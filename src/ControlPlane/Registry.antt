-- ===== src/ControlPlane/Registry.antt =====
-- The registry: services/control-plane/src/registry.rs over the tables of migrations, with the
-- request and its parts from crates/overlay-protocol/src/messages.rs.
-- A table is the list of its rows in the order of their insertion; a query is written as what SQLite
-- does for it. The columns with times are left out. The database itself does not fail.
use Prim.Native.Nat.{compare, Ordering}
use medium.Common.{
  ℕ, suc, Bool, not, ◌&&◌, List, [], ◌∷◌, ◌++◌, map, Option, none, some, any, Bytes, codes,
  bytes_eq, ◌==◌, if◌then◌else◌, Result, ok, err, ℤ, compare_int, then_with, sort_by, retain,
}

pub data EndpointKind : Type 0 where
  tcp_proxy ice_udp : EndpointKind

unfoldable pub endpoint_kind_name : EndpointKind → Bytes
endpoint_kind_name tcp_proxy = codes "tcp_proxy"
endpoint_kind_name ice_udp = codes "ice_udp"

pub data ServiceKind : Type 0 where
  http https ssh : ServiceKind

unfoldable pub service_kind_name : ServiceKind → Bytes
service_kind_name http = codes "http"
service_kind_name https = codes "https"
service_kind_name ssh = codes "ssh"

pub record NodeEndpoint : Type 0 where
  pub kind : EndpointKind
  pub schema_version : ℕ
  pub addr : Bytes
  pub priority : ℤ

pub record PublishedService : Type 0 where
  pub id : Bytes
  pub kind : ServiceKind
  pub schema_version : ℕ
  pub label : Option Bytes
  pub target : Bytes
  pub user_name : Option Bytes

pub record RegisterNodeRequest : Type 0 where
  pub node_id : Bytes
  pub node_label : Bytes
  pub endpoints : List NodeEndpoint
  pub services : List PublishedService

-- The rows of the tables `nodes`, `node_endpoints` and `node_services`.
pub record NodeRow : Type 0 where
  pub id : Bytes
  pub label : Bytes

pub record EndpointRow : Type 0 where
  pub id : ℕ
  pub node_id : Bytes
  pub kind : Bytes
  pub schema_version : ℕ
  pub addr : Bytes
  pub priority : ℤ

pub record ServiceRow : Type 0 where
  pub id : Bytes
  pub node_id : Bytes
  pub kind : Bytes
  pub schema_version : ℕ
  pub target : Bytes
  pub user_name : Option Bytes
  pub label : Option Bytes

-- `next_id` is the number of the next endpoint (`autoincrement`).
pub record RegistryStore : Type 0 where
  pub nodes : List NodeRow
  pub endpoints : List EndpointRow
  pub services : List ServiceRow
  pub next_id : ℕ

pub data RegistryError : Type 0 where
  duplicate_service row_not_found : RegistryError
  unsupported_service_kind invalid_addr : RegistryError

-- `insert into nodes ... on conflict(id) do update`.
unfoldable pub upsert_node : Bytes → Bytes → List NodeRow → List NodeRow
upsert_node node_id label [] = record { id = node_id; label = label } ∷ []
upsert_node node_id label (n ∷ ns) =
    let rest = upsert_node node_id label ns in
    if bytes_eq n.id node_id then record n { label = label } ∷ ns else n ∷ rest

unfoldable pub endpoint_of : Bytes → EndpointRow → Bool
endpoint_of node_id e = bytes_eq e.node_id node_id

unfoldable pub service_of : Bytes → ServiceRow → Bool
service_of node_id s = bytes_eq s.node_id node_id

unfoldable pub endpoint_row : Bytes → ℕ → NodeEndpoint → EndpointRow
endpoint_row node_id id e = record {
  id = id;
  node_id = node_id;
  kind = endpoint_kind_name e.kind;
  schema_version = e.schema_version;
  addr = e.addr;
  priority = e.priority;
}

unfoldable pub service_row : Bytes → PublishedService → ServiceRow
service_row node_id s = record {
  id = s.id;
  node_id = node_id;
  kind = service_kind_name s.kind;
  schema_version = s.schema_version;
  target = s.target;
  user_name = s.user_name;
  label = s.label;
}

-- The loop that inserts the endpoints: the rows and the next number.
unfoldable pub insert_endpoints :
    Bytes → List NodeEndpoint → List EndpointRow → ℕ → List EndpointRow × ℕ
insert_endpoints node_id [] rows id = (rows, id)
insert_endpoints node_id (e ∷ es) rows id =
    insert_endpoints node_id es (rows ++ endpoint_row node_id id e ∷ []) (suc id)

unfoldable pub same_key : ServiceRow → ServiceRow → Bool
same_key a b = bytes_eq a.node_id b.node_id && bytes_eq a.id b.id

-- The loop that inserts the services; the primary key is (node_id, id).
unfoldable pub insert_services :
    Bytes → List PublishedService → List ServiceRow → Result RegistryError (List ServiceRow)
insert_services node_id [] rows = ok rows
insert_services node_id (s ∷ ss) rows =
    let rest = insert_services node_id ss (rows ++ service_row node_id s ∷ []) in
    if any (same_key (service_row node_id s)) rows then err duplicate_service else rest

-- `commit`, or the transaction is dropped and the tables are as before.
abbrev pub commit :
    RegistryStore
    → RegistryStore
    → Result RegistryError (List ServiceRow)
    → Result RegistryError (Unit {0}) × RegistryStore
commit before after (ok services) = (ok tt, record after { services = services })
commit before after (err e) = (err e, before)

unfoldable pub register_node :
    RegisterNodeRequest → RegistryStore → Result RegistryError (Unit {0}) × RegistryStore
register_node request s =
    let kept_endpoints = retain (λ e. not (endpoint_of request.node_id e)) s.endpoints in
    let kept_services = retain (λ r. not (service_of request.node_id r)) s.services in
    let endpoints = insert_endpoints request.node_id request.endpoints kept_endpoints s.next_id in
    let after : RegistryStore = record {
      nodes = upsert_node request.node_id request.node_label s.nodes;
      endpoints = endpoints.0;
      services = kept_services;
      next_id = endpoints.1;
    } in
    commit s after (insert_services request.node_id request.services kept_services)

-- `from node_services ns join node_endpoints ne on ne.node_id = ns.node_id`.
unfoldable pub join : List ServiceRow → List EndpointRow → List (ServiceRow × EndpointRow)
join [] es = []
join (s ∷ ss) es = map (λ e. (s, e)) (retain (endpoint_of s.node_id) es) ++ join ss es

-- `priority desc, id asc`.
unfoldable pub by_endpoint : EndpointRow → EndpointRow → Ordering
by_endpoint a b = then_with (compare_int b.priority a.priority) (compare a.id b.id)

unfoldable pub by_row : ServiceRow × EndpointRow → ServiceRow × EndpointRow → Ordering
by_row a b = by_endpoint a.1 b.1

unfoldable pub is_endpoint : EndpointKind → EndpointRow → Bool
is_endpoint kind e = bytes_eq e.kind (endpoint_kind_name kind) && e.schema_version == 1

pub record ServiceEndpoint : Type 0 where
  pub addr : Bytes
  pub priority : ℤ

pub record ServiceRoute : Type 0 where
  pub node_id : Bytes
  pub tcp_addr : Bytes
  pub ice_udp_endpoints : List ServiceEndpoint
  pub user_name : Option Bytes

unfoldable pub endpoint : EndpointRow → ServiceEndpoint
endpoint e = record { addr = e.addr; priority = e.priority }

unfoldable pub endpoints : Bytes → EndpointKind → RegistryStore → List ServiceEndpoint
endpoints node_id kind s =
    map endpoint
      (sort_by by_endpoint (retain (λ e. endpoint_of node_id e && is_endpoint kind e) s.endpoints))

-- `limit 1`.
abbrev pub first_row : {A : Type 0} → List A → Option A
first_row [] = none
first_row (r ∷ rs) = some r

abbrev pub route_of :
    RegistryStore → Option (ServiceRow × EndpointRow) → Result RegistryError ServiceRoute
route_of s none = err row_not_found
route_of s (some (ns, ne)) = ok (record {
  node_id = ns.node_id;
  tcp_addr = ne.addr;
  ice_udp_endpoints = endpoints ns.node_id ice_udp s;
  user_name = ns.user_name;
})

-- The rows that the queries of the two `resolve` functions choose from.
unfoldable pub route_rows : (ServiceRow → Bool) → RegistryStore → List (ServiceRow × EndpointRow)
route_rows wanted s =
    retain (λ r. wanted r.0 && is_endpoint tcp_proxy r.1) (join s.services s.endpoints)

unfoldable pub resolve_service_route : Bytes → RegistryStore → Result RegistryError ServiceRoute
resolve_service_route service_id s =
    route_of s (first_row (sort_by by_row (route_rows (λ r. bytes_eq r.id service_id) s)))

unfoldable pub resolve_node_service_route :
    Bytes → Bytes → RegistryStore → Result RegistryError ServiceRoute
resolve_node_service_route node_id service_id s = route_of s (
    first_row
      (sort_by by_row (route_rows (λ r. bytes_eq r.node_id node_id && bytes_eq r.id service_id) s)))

Work task — How many of the lines in the records include the word "PublishedService"? Only the number should be given.

Response — 4